I hope my notes are of some practical use to you.
no subject
[When choices were made--when lives had to be saved. Is she going to apologize for it? No, because she did the right thing. She couldn't let Poe and Finn die on Crait.]
I don't read the notes for practicality. I look over them and think about when you visited me in the hospital, and how I thought were friends.
Go back to ignoring me. The door's locked now.
no subject
It's becoming easier and easier to harden his heart to her these days. ]

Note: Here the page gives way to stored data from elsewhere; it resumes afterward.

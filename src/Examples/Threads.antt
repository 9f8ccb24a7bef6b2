-- ===== src/Examples/Threads.antt =====
-- A message that is put on a thread by its references, by its subject, or on a new one.
use agent_layer.Prelude.{
  String, ℕ, suc, Option, none, some, [], ◌∷◌, ◌==◌, if◌then◌else◌, ◌≡◌, refl, arith, true,
}
use agent_layer.Prelude.Int.{pos, ◌-ℤ◌}
use agent_layer.Prelude.Exec.{ok}
use agent_layer.Domain.{Thread}
use agent_layer.Core.{ThreadResolutionInput, Ambient}
use agent_layer.Threading.{
  ThreadLookupRepository, Config, resolve, matched, is_dormant, time_sub, match_strategy_references,
  match_strategy_subject_recent, thirty_days, by_in_reply_to, by_references, by_subject,
}
use agent_layer.Threading.Order.{IsOpened, Answers, resolve-first, resolve_creates}
use agent_layer.Threading.Dormancy.{IsLive, resolve-IsLive}
use agent_layer.Examples.Scene.{hello, thread}

-- One thread is known by a Message-ID, and one by its subject.
abbrev by_id : String → Option Thread
by_id header = if header == "<m0@example.com>" then some thread else none

abbrev recent : String → String → String → String → Option Thread
recent o i c n = if n == "hello" then some thread else none

abbrev lookup : ThreadLookupRepository ℕ
lookup = record {
  find_by_message_id = λ h s. (ok (by_id h), s);
  find_most_recent_by_subject = λ o i c n s. (ok (recent o i c n), s);
}

answers : Answers lookup 0 by_id recent
answers = record { id_answer = λ h. refl; recent_answer = λ o i c n. refl }

abbrev ambient : Ambient ℕ
ambient = record { random_hex = λ s. (ok (some "00"), suc s); now = λ s. (ok (pos 0), s) }

abbrev config : Config
config = record { dormant_threshold = thirty_days }

abbrev input : ThreadResolutionInput
input = record {
  organization_id = "org-local";
  agent_id = "agent-local";
  inbox_id = "inbox-local";
  contact_id = "contact-1";
  parsed_message = hello;
  received_at = pos 600;
}

abbrev referring : ThreadResolutionInput
referring = record input {
  parsed_message = record hello {
    in_reply_to = "<lost@example.com>";
    references = "<m0@example.com>" ∷ "<other@example.com>" ∷ [];
  };
}

abbrev unrelated : ThreadResolutionInput
unrelated = record input { parsed_message = record hello { subject_normalized = "news" } }

resolve-first_example :
    resolve lookup ambient config referring 0 ≡ (ok (matched match_strategy_references thread), 0)
resolve-first_example =
    resolve-first lookup ambient config referring 0 by_id recent answers ("<lost@example.com>" ∷ [])
      ("<other@example.com>" ∷ []) "<m0@example.com>" thread refl (refl, tt) refl

resolve_creates_example :
    (t : Thread) × (resolve lookup ambient config unrelated 0
      ≡ (ok (record { thread = t; matched_by = "new_thread"; created = true }), 1))
    × IsOpened unrelated (some "00") t
resolve_creates_example =
    resolve_creates lookup ambient config unrelated 0 by_id recent answers (some "00") 1 tt refl
      refl

resolve-IsLive_example : IsLive config (pos 600) thread
unfolding resolve by_in_reply_to by_references by_subject is_dormant time_sub ◌-ℤ◌
resolve-IsLive_example =
    resolve-IsLive lookup config input ambient 0 (matched match_strategy_subject_recent thread)
      (omega arith) (omega arith) refl refl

To you, I'll always be a monster, or a broken boy to fix.
I refuse to be either of those things for you. Goodbye.
[not here]
[not here]
[not here]
no subject
Sometimes you're just not meant to stay with some people. Cross paths, sure, but if staying together can be harmful for you both, then distance might be for the best.
How long has it been since you and your other friend parted ways? Maybe it's been long enough. Maybe he's ready to move on and try to go back to being friends. There's no harm in asking him, at least.
no subject
...A few weeks, I don't know if he's ready to talk. I don't want to reach out and have him not say anything in return. I should wait for him to approach me....right?
no subject
But you should do what you think is right in your situation. Don't just take my advice blindly. You're the one who knows what happened between you two, so you should know best what to do.